HİLAL ÖZTÜRK / İSTANBUL
Türkiye 2016 yılı Nisan ayında Amerikan haber ajansı Associated Press’in (AP) tüm dünyaya geçtiği “Türkiye’deki 50 milyon kişinin kimlik bilgileri internette yayınlandı” haberiyle sarsıldı. Haberin ardından devlet yetkilileri hızla harekete geçti ve güvenlik tedbirleri alındı. Ankara Cumhuriyet Başsavcılığı Bilişim Suçları Bürosu soruşturma başlattı. Kimlik bilgilerinin nereden çalındığı ve kim ya da kimler tarafından internete sızdırıldığı üzerinde araştırma yapıldı. Bilgiler Romanya merkezli bir internet sitesine yüklendiği için, Ankara Başsavcılığı soruşturmaya destek verilmesi için bu ülkeyle resmi olarak yazıştı. Bilgilerin çıkış kaynağı ile ilgili de araştırma genişletildi. Karar’ın güvenilir kaynaklardan aldığı bilgilere göre geçtiğimiz aylarda önemli bir tespit yapıldı. Buna göre bilgiler kamuoyunda bilindiği gibi Yüksek Seçim Kurulu’dan (YSK) çalınmamış olabilir. Çünkü yapılan araştırma internete sızdırılan bilgilerdeki verilerle YSK’daki verilerin tam olarak uyuşmadığını ortaya koydu. Sızdırılan bilgilerin Trafik Sigortaları Merkezi’ndeki (TRMER) verilerle uyuştuğu belirlendi. Bu tespit de soruşturmayı derinleştirdi.

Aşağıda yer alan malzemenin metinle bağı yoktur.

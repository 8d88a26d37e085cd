-- ===== src/Updater/Metadata.antt =====
-- The updaters write the status only: the job's metadata stays.
use kubeflow_controller.Common.{
  String, Bool, Option, none, some, List, [], ◌∷◌, refl, arith, if◌then◌else◌, ◌||◌, true,
}
use kubeflow_controller.Common.Int.{ℤ, eqb_ℤ}
use kubeflow_controller.Common.Outcome.{deref}
use kubeflow_controller.Common.Go.Keeps.{
  Preorder, Keeps, >>=-Keeps, zoom-Keeps, lift-Keeps, pure-Keeps, gets-Keeps, reads-Keeps,
}
use kubeflow_controller.Api.{Pod, TfJob}
use kubeflow_controller.Checker.{tf_replica_ps, tf_replica_worker}
use kubeflow_controller.Tensorflow.Metadata.{SameMeta}
use kubeflow_controller.Tensorflow.Local.{expected_local_worker_number}
use kubeflow_controller.Tensorflow.Distributed.Spec.{spec_of}
use kubeflow_controller.Updater.Statuses.{update_tf_replica_statuses}
use kubeflow_controller.Updater.Distributed.{DistributedUpdater, update_phase, new_distributed}
use kubeflow_controller.Updater.Distributed
use kubeflow_controller.Updater.Local.{LocalUpdater, update_pod_status, new_local}
use kubeflow_controller.Updater.Local
use kubeflow_controller.Updater.Run.{update_local, update_distributed}

abbrev Plain : Preorder TfJob
Plain = SameMeta (λ (job : TfJob). job.metadata)

update_phase-same : (finished : Bool) → Keeps Plain (update_phase finished)
unfolding update_phase
update_phase-same finished = record { apply = λ job. ground arith }

update_statuses-same :
    (pods : List Pod) (typ : String) → Keeps Plain (update_tf_replica_statuses pods typ)
unfolding update_tf_replica_statuses
update_statuses-same pods typ = record { apply = λ job. ground arith }

update_pod_status-same :
    (pod : Option Pod) (updated : Bool) → Keeps Plain (update_pod_status pod updated)
unfolding update_pod_status
update_pod_status-same pod updated = record { apply = λ job. ground arith }

abbrev Locals : Preorder LocalUpdater
Locals = SameMeta (λ (lu : LocalUpdater). lu.tf_job.metadata)

abbrev Distributeds : Preorder DistributedUpdater
Distributeds = SameMeta (λ (du : DistributedUpdater). du.tf_job.metadata)

local_should_update-same : Keeps Locals Local.should_update
unfolding Local.should_update
local_should_update-same = >>=-Keeps Locals (gets-Keeps Locals (λ lu. lu)) λ lu.
    zoom-Keeps Plain Locals (λ lu. lu.tf_job) (λ job lu. record lu { tf_job = job }) (λ t s h. h)
      (>>=-Keeps Plain
        (update_phase-same (eqb_ℤ lu.succeeded_worker_pods expected_local_worker_number))
        (λ updated. update_pod_status-same lu.worker_pod updated))

should_update-same : Keeps Distributeds Distributed.should_update
unfolding Distributed.should_update
should_update-same = >>=-Keeps Distributeds (gets-Keeps Distributeds (λ du. du)) λ du.
    >>=-Keeps Distributeds (reads-Keeps Distributeds (λ du. spec_of tf_replica_worker du.tf_job))
      λ spec. >>=-Keeps Distributeds (lift-Keeps Distributeds (deref spec.replicas)) λ expected.
        zoom-Keeps Plain Distributeds (λ du. du.tf_job) (λ job du. record du { tf_job = job })
          (λ t s h. h)
          (>>=-Keeps Plain (update_phase-same (eqb_ℤ du.succeeded_worker_pods expected)) λ phase.
            >>=-Keeps Plain (update_statuses-same du.worker_pods tf_replica_worker) λ workers.
              >>=-Keeps Plain (update_statuses-same du.ps_pods tf_replica_ps)
                λ ps. pure-Keeps Plain (if ps || workers then true else phase))

-- What the end of a sync writes leaves the metadata alone.
pub update_local-same :
    (succeeded : ℤ) (pods : List Pod) → Keeps Plain (update_local succeeded pods)
unfolding update_local new_local
update_local-same succeeded [] = record {
  apply = λ job.
      local_should_update-same.apply
        (record { tf_job = job; succeeded_worker_pods = succeeded; worker_pod = none });
}
update_local-same succeeded (pod ∷ []) = record {
  apply = λ job.
      local_should_update-same.apply
        (record { tf_job = job; succeeded_worker_pods = succeeded; worker_pod = some pod });
}
update_local-same succeeded (pod ∷ pod' ∷ pods) = record { apply = λ job. refl }

pub update_distributed-same :
    (succeeded : ℤ) (workers ps : List Pod) → Keeps Plain (update_distributed succeeded workers ps)
unfolding update_distributed new_distributed
update_distributed-same succeeded workers ps =
    zoom-Keeps Distributeds Plain (λ job. new_distributed job succeeded workers ps)
      (λ du job. du.tf_job) (λ t s h. h) should_update-same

Soruşturma sırasında, çalındığı belirlenen kimlik bilgisi sayısının o tarihte kamuoyuna yansıdığı şekliyle 50 milyon olmadığı öğrenildi. Sızdırılan TC kimlik numaraları, doğum tarihleri, nüfusa kayıtlı oldukları yer, anne-baba isimleri ve adreslerinin YSK listelerindeki bilgilerle karşılaştırılması yapıldı. Bazı adres bilgilerinin eşleşmediği görüldü. YSK listelerindeki adres bilgilerinin, internete sızdırılan bilgilerde farklı olması, hırsızlığın farklı bir adresten yapılma ihtimalini ortaya çıkardı. Bu kez bu bilgilerin bulunabileceği farklı kurumlar araştırıldı. Bu inceleme sırasında TRMER’deki bilgilerle sızan bilgilerin örtüştüğü belirlendi. YSK’nın güçlü bir güvenlik programıyla korunduğu bilindiği için eğer bilgiler buradan çalındıysa hacklenerek çalınmış olabileceği değerlendirilmişti.
FETÖ DE ÇIKABİLİR SANAL KORSAN DA
TRMER’deki kimlik bilgilerinin çalındığı tespiti soruşturma sonunda netleşirse, bu birimde görevli personelle ilgili soruşturmanın genişletileceği belirtiliyor. Türk Ceza Kanunu’nun (TCK) “Verileri hukuka aykırı olarak verme veya ele geçirme” başlıklı 136. ve “Bilişim sistemine girme” başlıklı 243. maddeleri kapsamında yürütülen soruşturmada, FETÖ ihtimali de değerlendiriliyor. Kimlik bilgilerinin para için de çalınmış olma ihtimalinin söz konusu olduğu belirtiliyor. Bir kişisel verinin en az 20 dolar civarında satılabildiği derin internet piyasasında, sanal korsanların da bu suçu işlemiş olabileceği ifade ediliyor.